Task item:
Take the entries below and print only the lines from the one with "aggregate_all-AreSeparate (p ∷" through the one with "(account : Option", exactly as they stand, both ends included.

The records:
++++

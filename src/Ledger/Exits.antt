-- ===== src/Ledger/Exits.antt =====
-- Committed exits that were never published: they are not in flight, and publishing one puts it there.
use algo_poc.Prelude.{
  ℕ, ◌≡◌, sym, subst, ap, Bool, true, false, inl, inr, String, Option, none, some, List, [], ◌∷◌,
  arith, Bool-cases, any,
}
use algo_poc.Prelude.Int.{ℤ}
use algo_poc.Ledger.Intent.{OrderIntent}
use algo_poc.Ledger.Session.{Ledger, find_row, save, has_id, put_row}
use algo_poc.Ledger.Repository.{mark_published, published}
use algo_poc.Ledger.Queries.{is_sell, pending_sell, unpublished_exit, nonterminal_sell_exists}
use algo_poc.Ledger.Rows.{find_row-has_id, find_row-put_row_self}
use algo_poc.Ledger.Lifecycle.{publish_found}

any_at :
    (p : OrderIntent → Bool) (rid : String) (i : OrderIntent) (rows : List OrderIntent)
    → find_row rid rows ≡ some i
    → p i ≡ true
    → any p rows ≡ true
unfolding find_row
any_at p rid i [] e h = cc
any_at p rid i (r ∷ rs) e h = elim (Bool-cases (has_id rid r)) [
  | inl k ↦ let same : r ≡ i = ground arith in rw (ap p same, h)
  | inr k ↦ ground (arith, any_at p rid i rs)
]

-- Publishing a committed exit puts it in flight: it is no longer among the exits to publish again,
-- and a sell of its position is found also when unpublished exits are left out.
pub mark_published-in_flight :
    (now : ℕ) (at : Option ℕ) (rid : String) (i : OrderIntent) (l : Ledger)
    (account portfolio : Option String) (con_id : Option ℤ)
    → find_row rid l.rows ≡ some i
    → unpublished_exit i ≡ true
    → pending_sell account portfolio con_id i ≡ true
    → let l' = (mark_published now rid at l).1 in
      (nonterminal_sell_exists account portfolio con_id true l' ≡ true)
      × ((i' : OrderIntent) × (find_row rid l'.rows ≡ some i') × (unpublished_exit i' ≡ false))
unfolding unpublished_exit nonterminal_sell_exists pending_sell is_sell save
mark_published-in_flight now at rid i l account portfolio con_id e u w =
    let i' = published now at i in
    let missing : i.published_at ≡ none = ground arith in
    let same = find_row-has_id rid i l.rows e in
    let found : find_row rid (put_row i' l.rows) ≡ some i' =
      subst (λ r. find_row r (put_row i' l.rows) ≡ some i') same
        (find_row-put_row_self i' i l.rows
          (subst (λ r. find_row r l.rows ≡ some i) (sym same) e)) in
    rw (publish_found now rid at l i e missing)
      (any_at _ rid i' (put_row i' l.rows) found (ground arith), (i', found, ground arith))
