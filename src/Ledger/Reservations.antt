-- ===== src/Ledger/Reservations.antt =====
-- What a change of status does to the cash and the shares that the ledger holds reserved.
use algo_poc.Prelude.{Bool, not, String, Option, ◌&&◌, str_eq, unset_or_eq, if◌then◌else◌}
use algo_poc.Prelude.Int.{ℤ, pos}
use algo_poc.Ledger.Status.{OrderStatus, is_in, active_reservation_statuses}
use algo_poc.Ledger.Intent.{OrderIntent}
use algo_poc.Ledger.Session.{Ledger}
use algo_poc.Ledger.Queries.{is_buy, unfilled_notional, not_excluded}

-- Whether the reservations of a portfolio count an order, its status aside.
abbrev pub in_scope : String → Option String → Option String → OrderIntent → Bool
in_scope portfolio account excluded i =
    str_eq i.portfolio portfolio
    && (is_buy i && (unset_or_eq account i.account_id && not_excluded excluded i.recommendation_id))

-- What an order in a status reserves.
abbrev pub held_in : Bool → OrderStatus → OrderIntent → ℤ
held_in scope s i =
    if scope && is_in s active_reservation_statuses then unfilled_notional i else pos 0

abbrev excluding : String → (OrderIntent → Bool) → OrderIntent → Bool
excluding rid p i = p i && not (str_eq i.recommendation_id rid)
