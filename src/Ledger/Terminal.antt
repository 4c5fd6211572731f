-- ===== src/Ledger/Terminal.antt =====
-- A terminal order stays terminal, except for one that expired on its absence from IB.
use mathlib.Core.Option.{some-injective}
use algo_poc.Prelude.{
  ℕ, ◌≡◌, refl, sym, ◌∙◌, Bool, true, false, inl, inr, String, some, List, ◌&&◌, arith, eq_iff,
  Bool-cases, str_eq,
}
use algo_poc.Ledger.Status.{
  OrderStatus, proposed, expired, is_in, allowed_transitions, terminal_statuses, status_eq,
}
use algo_poc.Ledger.Intent.{OrderIntent}
use algo_poc.Ledger.Session.{Ledger, find_row, save, add_row}
use algo_poc.Ledger.Repository.{new_intent, restored, is_absent_reason}
use algo_poc.Ledger.Rows.{find_row-append_old, find_row-put_row_ne, find_row-put_row_self}
use algo_poc.Ledger.Steps.{
  Op, run, run-Reach, Edge, moved, bound_to, revived, stamped, Step, insert, write, Reach, here,
  next,
}

-- What a later row keeps of a closed one.
pub record Keeps (i i' : OrderIntent) : Type 0 where
  pub economics : i'.economics ≡ i.economics
  pub status : i'.status ≡ i.status
  pub reason : i'.reason ≡ i.reason
  pub terminal_at : i'.terminal_at ≡ i.terminal_at
  pub filled : i'.filled_quantity ≡ i.filled_quantity

-- The one terminalization that is reversible.
abbrev pub is_presumed : OrderIntent → Bool
is_presumed i = status_eq i.status expired && is_absent_reason i.reason

pub record IsClosed (i : OrderIntent) : Type 0 where
  pub terminal : is_in i.status terminal_statuses ≡ true
  pub not_presumed : is_presumed i ≡ false

no_way_on :
    (s new : OrderStatus)
    → is_in s terminal_statuses ≡ true
    → is_in new (allowed_transitions s) ≡ false
unfolding is_in allowed_transitions
no_way_on proposed new h = ground arith
no_way_on _ new h = ground arith

Keeps-refl : (i : OrderIntent) → Keeps i i
Keeps-refl i = record {
  economics = refl;
  status = refl;
  reason = refl;
  terminal_at = refl;
  filled = refl;
}

Edge-Keeps : {j i : OrderIntent} → Edge j i → IsClosed j → Keeps j i
unfolding restored
Edge-Keeps {j} {i} (moved now new reason h e) c = ground (arith, no_way_on j.status new c.terminal)
Edge-Keeps {j} {i} (bound_to order_id e) c =
    rw e
      (record { economics = refl; status = refl; reason = refl; terminal_at = refl; filled = refl })
Edge-Keeps {j} {i} (revived now h k e) c = ground (arith, c.not_presumed)
Edge-Keeps {j} {i} (stamped now at h e) c =
    rw e
      (record { economics = refl; status = refl; reason = refl; terminal_at = refl; filled = refl })

Keeps-IsClosed : {i i' : OrderIntent} → Keeps i i' → IsClosed i → IsClosed i'
Keeps-IsClosed k c = record {
  terminal = rw k.status c.terminal;
  not_presumed = rw (k.status, k.reason) c.not_presumed;
}

Keeps-trans : {i j k : OrderIntent} → Keeps i j → Keeps j k → Keeps i k
Keeps-trans a b = record {
  economics = b.economics ∙ a.economics;
  status = b.status ∙ a.status;
  reason = b.reason ∙ a.reason;
  terminal_at = b.terminal_at ∙ a.terminal_at;
  filled = b.filled ∙ a.filled;
}

abbrev Kept : String → OrderIntent → Ledger → Type 0
Kept rid i l = (i' : OrderIntent) × (find_row rid l.rows ≡ some i') × Keeps i i'

Step-Kept :
    {l l' : Ledger} (rid : String) (i : OrderIntent)
    → Step l l'
    → find_row rid l.rows ≡ some i
    → IsClosed i
    → Kept rid i l'
unfolding add_row save
Step-Kept {l} {l'} rid i (insert now r values e same) f c =
    rw same
      (i, find_row-append_old rid (new_intent now r values l.next_id) i l.rows f, Keeps-refl i)
Step-Kept {l} {l'} rid i (write k j e edge same) f c =
    elim (Bool-cases (str_eq rid k.recommendation_id)) [
      | inl h ↦
          let at : rid ≡ k.recommendation_id = (eq_iff rid k.recommendation_id).0 h in
          let found : j ≡ i = some-injective _ _ (sym e ∙ rw (← at) f) in
          rw same (k, rw at (find_row-put_row_self k j l.rows e), Edge-Keeps (rw found at edge) c)
      | inr h ↦ rw same (
        i,
        find_row-put_row_ne rid k l.rows (λ at. ground (arith, eq_iff rid k.recommendation_id)) ∙ f,
        Keeps-refl i,
      )
    ]

Reach-Kept :
    {l l' : Ledger} (rid : String) (i : OrderIntent)
    → Reach l l'
    → find_row rid l.rows ≡ some i
    → IsClosed i
    → Kept rid i l'
Reach-Kept rid i here f c = (i, f, Keeps-refl i)
Reach-Kept rid i (next r st) f c =
    let (j, g, k) = Reach-Kept rid i r f c in
    let (i', g', k') = Step-Kept rid j st g (Keeps-IsClosed k c) in (i', g', Keeps-trans k k')

-- A terminal order that did not merely expire on its absence from IB is final: whatever is called
-- on the ledger afterwards, on this order or another, its row is there with the same status, reason,
-- terminal time, filled quantity and economics.
pub run-Keeps :
    (ops : List (ℕ × Op)) (rid : String) (i : OrderIntent) (l : Ledger)
    → find_row rid l.rows ≡ some i
    → IsClosed i
    → (i' : OrderIntent) × (find_row rid (run ops l).rows ≡ some i') × Keeps i i'
run-Keeps ops rid i l f c = Reach-Kept rid i (run-Reach ops l) f c
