-- ===== src/Ledger/Tests.antt =====
-- Runs of the ledger on concrete orders, and the theorems at them.
use algo_poc.Prelude.{
  ℕ, ◌≡◌, refl, ◌↔◌, true, false, String, Option, some, none, List, [], ◌∷◌, upper_is, map,
}
use algo_poc.Prelude.Int.{pos}
use algo_poc.Ledger.Status.{
  OrderStatus, proposed, status_eq, approved, submitted, cancelled, filled, expired,
  nonterminal_statuses, is_in, allowed_transitions,
}
use algo_poc.Ledger.Intent.{OrderIntent, Proposal}
use algo_poc.Ledger.Session.{Ledger, ok, find_row, save, add_row, put_row}
use algo_poc.Ledger.Repository.{
  proposal_values, create_intent, new_intent, concurrent_insert, insert_or_compare, transition,
  transitioned, restored, restore_absent_terminalization, record_submission, mark_published,
}
use algo_poc.Ledger.Queries.{is_sell, unpublished_exit, pending_sell, nonterminal_sell_exists}
use algo_poc.Ledger.Lifecycle.{
  Transitions, transition_lem, Restores, restore_absent_terminalization_lem,
}
use algo_poc.Ledger.Steps.{create, move, submit, restore, Op, run, apply}
use algo_poc.Ledger.Invariant.{IsValid, empty, empty-IsValid, run-IsValid}
use algo_poc.Ledger.Terminal.{Keeps, IsClosed, run-Keeps}
use algo_poc.Ledger.Creation.{Created, create_intent-Created, create_intent_again}
use algo_poc.Ledger.Exits.{mark_published-in_flight}

abbrev entry : Proposal
entry = record {
  recommendation_id = "rec-1";
  account_id = "DU1";
  mode = "paper";
  portfolio = "momentum";
  con_id = pos 265598;
  symbol = "AAPL";
  exchange = "SMART";
  currency = "USD";
  action = "BUY";
  quantity = pos 100;
  limit_price = some (pos 7);
  order_type = "limit";
}

abbrev exit : Proposal
exit = record entry { recommendation_id = "rec-2"; action = "sell"; limit_price = none }

abbrev row_of : ℕ → Proposal → OrderIntent
row_of id p = record {
  id = id;
  recommendation_id = p.recommendation_id;
  economics = record {
    account_id = p.account_id;
    mode = p.mode;
    portfolio = p.portfolio;
    con_id = p.con_id;
    symbol = p.symbol;
    exchange = p.exchange;
    currency = p.currency;
    action = p.action;
    requested_quantity = p.quantity;
    limit_price = p.limit_price;
    order_type = p.order_type;
  };
  reserved_notional = pos 0;
  filled_quantity = pos 0;
  status = approved;
  ib_order_id = none;
  reason = none;
  created_at = 1;
  published_at = none;
  approved_at = some 2;
  submitted_at = none;
  terminal_at = none;
  updated_at = 2;
}

-- An approved buy and an approved sell, neither published.
abbrev book : Ledger
book = record { rows = row_of 0 entry ∷ row_of 1 exit ∷ []; next_id = 2 }

abbrev history : List (ℕ × Op)
history =
    (1, create (some exit) entry)
    ∷ (2, move "rec-1" approved none)
    ∷ (3, submit "rec-1" "42" none)
    ∷ (4, move "rec-1" expired (some "order absent from IB after session boundary"))
    ∷ (5, restore "rec-1")
    ∷ (6, move "rec-1" cancelled none)
    ∷ (7, move "rec-1" filled none)
    ∷ []

-- The absence guess is undone, the order is cancelled, and the late fill is refused.
history_ends :
    map {B = String × OrderStatus × Option String}
      (λ i. (i.recommendation_id, i.status, i.ib_order_id))
      (run history empty).rows
    ≡ ("rec-2", proposed, none) ∷ ("rec-1", cancelled, some "42") ∷ []
unfolding run apply create_intent concurrent_insert insert_or_compare new_intent find_row add_row
    record_submission transition transitioned is_in allowed_transitions save put_row proposal_values
    restore_absent_terminalization restored status_eq
history_ends = refl

transition_lem_example : Transitions 9 "rec-1" submitted none book (find_row "rec-1" book.rows)
transition_lem_example = transition_lem 9 "rec-1" submitted none book

restore_absent_terminalization_lem_example : Restores 9 "rec-1" book (find_row "rec-1" book.rows)
restore_absent_terminalization_lem_example = restore_absent_terminalization_lem 9 "rec-1" book

run-IsValid_example : IsValid (run history empty)
run-IsValid_example = run-IsValid history empty empty-IsValid

abbrev cancelled_row : OrderIntent
cancelled_row = record (row_of 0 entry) { status = cancelled; terminal_at = some 3 }

abbrev closed_book : Ledger
closed_book = record { rows = cancelled_row ∷ []; next_id = 1 }

cancelled-IsClosed : IsClosed cancelled_row
unfolding is_in
cancelled-IsClosed = record { terminal = refl; not_presumed = refl }

run-Keeps_example :
    (i' : OrderIntent) × (find_row "rec-1" (run history closed_book).rows ≡ some i')
    × Keeps cancelled_row i'
unfolding find_row
run-Keeps_example = run-Keeps history "rec-1" cancelled_row closed_book refl cancelled-IsClosed

create_intent-Created_example : Created entry (create_intent 1 (some entry) entry empty)
create_intent-Created_example = create_intent-Created 1 (some entry) entry empty

create_intent_again_example :
    ((create_intent 9 none entry book).1 ≡ book)
    × (((create_intent 9 none entry book).0 ≡ ok (row_of 0 entry))
        ↔ ((row_of 0 entry).economics ≡ proposal_values entry))
unfolding find_row
create_intent_again_example = create_intent_again 9 none entry book (row_of 0 entry) refl

mark_published-in_flight_example :
    let l' = (mark_published 9 "rec-2" none book).1 in
    (nonterminal_sell_exists (some "DU1") (some "momentum") (some (pos 265598)) true l' ≡ true)
    × ((i' : OrderIntent) × (find_row "rec-2" l'.rows ≡ some i') × (unpublished_exit i' ≡ false))
unfolding find_row unpublished_exit pending_sell is_sell is_in upper_is nonterminal_statuses
mark_published-in_flight_example =
    mark_published-in_flight 9 none "rec-2" (row_of 1 exit) book (some "DU1") (some "momentum")
      (some (pos 265598)) refl refl refl
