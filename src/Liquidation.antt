-- ===== src/Liquidation.antt =====
-- shared/liquidation.py: the open positions that a kill flattens. `Targets` is the module, `Totals` the
-- lemmas.
pub mod Targets
pub mod Totals
mod Tests
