-- ===== src/Liquidation/Targets.antt =====
-- `load_liquidation_targets` of shared/liquidation.py, over the positions of the book; a dictionary is
-- the list of its values in the order of their keys' insertion. The texts of the exit ids are left out.
use algo_poc.Prelude.{
  ℕ, ◌+◌, Bool, true, false, ◌&&◌, String, Option, none, some, List, [], ◌∷◌, if◌then◌else◌, str_eq,
  filter,
}
use algo_poc.Prelude.Int.{ℤ, eq_ℤ}
use algo_poc.Book.Fill.{same_text}
use algo_poc.Book.State.{Position, text_is}

-- `(row.account_id, row.portfolio, row.con_id, row.ticker)`
pub record Key : Type 0 where
  pub account_id : Option String
  pub portfolio : String
  pub con_id : Option ℤ
  pub ticker : String

-- A row of the result: its key, and the rest.
pub record Target : Type 0 where
  pub key : Key
  pub quantity : ℕ
  pub exchange : Option String
  pub currency : Option String

abbrev pub key_of : Position → Key
key_of p = record {
  account_id = p.account_id;
  portfolio = p.portfolio;
  con_id = p.con_id;
  ticker = p.ticker;
}

unfoldable pub same_id : Option ℤ → Option ℤ → Bool
same_id none none = true
same_id (some a) (some b) = eq_ℤ a b
same_id _ _ = false

unfoldable pub same_key : Key → Key → Bool
same_key a b =
    same_text a.account_id b.account_id
    && (str_eq a.portfolio b.portfolio && (same_id a.con_id b.con_id && str_eq a.ticker b.ticker))

unfoldable pub target_of : Position → Target
target_of p = record {
  key = key_of p;
  quantity = p.quantity;
  exchange = p.exchange;
  currency = p.currency;
}

-- The body of the loop: the row joins the first of its key, or begins one.
unfoldable pub aggregate : Position → List Target → List Target
aggregate p [] = target_of p ∷ []
aggregate p (t ∷ ts) =
    if same_key t.key (key_of p)
    then record t { quantity = t.quantity + p.quantity } ∷ ts
    else t ∷ aggregate p ts

unfoldable pub aggregate_all : List Position → List Target → List Target
aggregate_all [] ts = ts
aggregate_all (p ∷ ps) ts = aggregate_all ps (aggregate p ts)

-- The rows that the query selects.
abbrev pub selected : Option String → Position → Bool
selected none p = p.is_open
selected (some account) p = p.is_open && text_is p.account_id account

-- `load_liquidation_targets`
unfoldable pub load_liquidation_targets : Option String → List Position → List Target
load_liquidation_targets account ps = aggregate_all (filter (selected account) ps) []
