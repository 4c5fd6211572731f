-- ===== src/Liquidation/Totals.antt =====
-- Aggregation loses no quantity and moves none to another key.
use algo_poc.Prelude.{
  ℕ, ◌+◌, ◌≡◌, ◌≢◌, refl, ap, subst, Bool, true, false, ◌&&◌, All, String, Option, none, some, List,
  [], ◌∷◌, arith, if◌then◌else◌, str_eq, eq_iff, eq_refl, filter, Bool-cases, inl, inr,
}
use algo_poc.Prelude.Int.{ℤ}
use algo_poc.Reconcile.Keys.{eq_ℤ-sound, eq_ℤ-refl}
use algo_poc.Book.Fill.{same_text}
use algo_poc.Book.State.{Position}
use algo_poc.Liquidation.Targets.{
  Key, Target, key_of, same_id, same_key, target_of, aggregate, aggregate_all, selected,
  load_liquidation_targets,
}

-- The quantity of the targets whose keys pass a test, and of the positions whose keys do.
unfoldable pub planned : (Key → Bool) → List Target → ℕ
planned wanted [] = 0
planned wanted (t ∷ ts) = (if wanted t.key then t.quantity else 0) + planned wanted ts

unfoldable pub open_quantity : (Key → Bool) → List Position → ℕ
open_quantity wanted [] = 0
open_quantity wanted (p ∷ ps) =
    (if wanted (key_of p) then p.quantity else 0) + open_quantity wanted ps

-- No two targets have the same key.
unfoldable pub AreSeparate : List Target → Type 0
AreSeparate [] = Unit
AreSeparate (t ∷ ts) = All (λ (u : Target). t.key ≢ u.key) ts × AreSeparate ts

same_text-eq : (a b : Option String) → same_text a b ≡ true → a ≡ b
unfolding same_text
same_text-eq none none h = refl
same_text-eq none (some b) h = cc
same_text-eq (some a) none h = cc
same_text-eq (some a) (some b) h = ap some ((eq_iff a b).0 h)

same_id-eq : (a b : Option ℤ) → same_id a b ≡ true → a ≡ b
unfolding same_id
same_id-eq none none h = refl
same_id-eq none (some b) h = cc
same_id-eq (some a) none h = cc
same_id-eq (some a) (some b) h = ap some (eq_ℤ-sound a b h)

both : (a b : Bool) → (a && b) ≡ true → (a ≡ true) × (b ≡ true)
both a b h = ground (arith, h)

same_key-eq : (a b : Key) → same_key a b ≡ true → a ≡ b
unfolding same_key
same_key-eq a b h =
    let (account, h1) = both (same_text a.account_id b.account_id) _ h in
    let (portfolio, h2) = both (str_eq a.portfolio b.portfolio) _ h1 in
    let (contract, ticker) = both (same_id a.con_id b.con_id) _ h2 in
    rw
      (
        same_text-eq a.account_id b.account_id account,
        (eq_iff a.portfolio b.portfolio).0 portfolio,
        same_id-eq a.con_id b.con_id contract,
        (eq_iff a.ticker b.ticker).0 ticker,
      )
      refl

joined :
    (c : Bool) (x y r : ℕ)
    → (if c then x + y else 0) + r ≡ (if c then x else 0) + r + (if c then y else 0)
joined true x y r = omega arith
joined false x y r = omega arith

same_text_refl : (a : Option String) → same_text a a ≡ true
unfolding same_text
same_text_refl none = refl
same_text_refl (some a) = eq_refl a

same_id_refl : (a : Option ℤ) → same_id a a ≡ true
unfolding same_id
same_id_refl none = refl
same_id_refl (some a) = eq_ℤ-refl a

same_key_refl : (k : Key) → same_key k k ≡ true
unfolding same_key
same_key_refl k =
    rw (same_text_refl k.account_id, eq_refl k.portfolio, same_id_refl k.con_id, eq_refl k.ticker)
      refl

differ : (a b : Key) → same_key a b ≡ false → a ≢ b
differ a b h e =
    let same : same_key a b ≡ true = subst (λ k. same_key a k ≡ true) e (same_key_refl a) in cc

planned-aggregate :
    (wanted : Key → Bool) (p : Position) (ts : List Target)
    → planned wanted (aggregate p ts)
      ≡ planned wanted ts + (if wanted (key_of p) then p.quantity else 0)
unfolding planned aggregate target_of
planned-aggregate wanted p [] = omega arith
planned-aggregate wanted p (t ∷ ts) = elim (Bool-cases (same_key t.key (key_of p))) [
  | inl e ↦
      let same : wanted t.key ≡ wanted (key_of p) = ap wanted (same_key-eq t.key (key_of p) e) in
      rw (e, same) (joined (wanted (key_of p)) t.quantity p.quantity (planned wanted ts))
  | inr e ↦ rw e (omega (arith, planned-aggregate wanted p ts))
]

-- Aggregation brings in no key but that of the row.
differs-aggregate :
    (k : Key) (p : Position) (ts : List Target)
    → k ≢ key_of p
    → All (λ (u : Target). k ≢ u.key) ts
    → All (λ (u : Target). k ≢ u.key) (aggregate p ts)
unfolding aggregate target_of
differs-aggregate k p [] new h = (new, tt)
differs-aggregate k p (t ∷ ts) new h = elim (Bool-cases (same_key t.key (key_of p))) [
  | inl e ↦ rw (e, aggregate) h
  | inr e ↦ rw (e, aggregate) (h.0, differs-aggregate k p ts new h.1)
]

aggregate-AreSeparate :
    (p : Position) (ts : List Target) → AreSeparate ts → AreSeparate (aggregate p ts)
unfolding aggregate AreSeparate
aggregate-AreSeparate p [] h = (tt, tt)
aggregate-AreSeparate p (t ∷ ts) h = elim (Bool-cases (same_key t.key (key_of p))) [
  | inl e ↦ rw (e, aggregate) h
  | inr e ↦
      rw (e, aggregate)
        (
          differs-aggregate t.key p ts (differ t.key (key_of p) e) h.0,
          aggregate-AreSeparate p ts h.1,
        )
]

planned-aggregate_all :
    (wanted : Key → Bool) (ps : List Position) (ts : List Target)
    → planned wanted (aggregate_all ps ts) ≡ planned wanted ts + open_quantity wanted ps
unfolding aggregate_all open_quantity
planned-aggregate_all wanted [] ts = omega arith
planned-aggregate_all wanted (p ∷ ps) ts =
    omega (arith, planned-aggregate_all wanted ps (aggregate p ts), planned-aggregate wanted p ts)

aggregate_all-AreSeparate :
    (ps : List Position) (ts : List Target) → AreSeparate ts → AreSeparate (aggregate_all ps ts)
unfolding aggregate_all
aggregate_all-AreSeparate [] ts h = h
aggregate_all-AreSeparate (p ∷ ps) ts h =
    aggregate_all-AreSeparate ps (aggregate p ts) (aggregate-AreSeparate p ts h)

-- No two rows of `load_liquidation_targets` have the same account, sleeve, contract and ticker, and for
-- every test of these four, the quantities of the rows that pass it add up to those of the selected
-- positions that pass it.
pub load_liquidation_targets-AreSeparate :
    (account : Option String) (ps : List Position) (wanted : Key → Bool)
    → AreSeparate (load_liquidation_targets account ps)
      × (planned wanted (load_liquidation_targets account ps)
          ≡ open_quantity wanted (filter (selected account) ps))
unfolding load_liquidation_targets AreSeparate planned
load_liquidation_targets-AreSeparate account ps wanted = (
  aggregate_all-AreSeparate (filter (selected account) ps) [] tt,
  omega (arith, planned-aggregate_all wanted (filter (selected account) ps) []),
)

++++

Response for this exercise:
aggregate_all-AreSeparate (p ∷ ps) ts h =
    aggregate_all-AreSeparate ps (aggregate p ts) (aggregate-AreSeparate p ts h)

-- No two rows of `load_liquidation_targets` have the same account, sleeve, contract and ticker, and for
-- every test of these four, the quantities of the rows that pass it add up to those of the selected
-- positions that pass it.
pub load_liquidation_targets-AreSeparate :
    (account : Option String) (ps : List Position) (wanted : Key → Bool)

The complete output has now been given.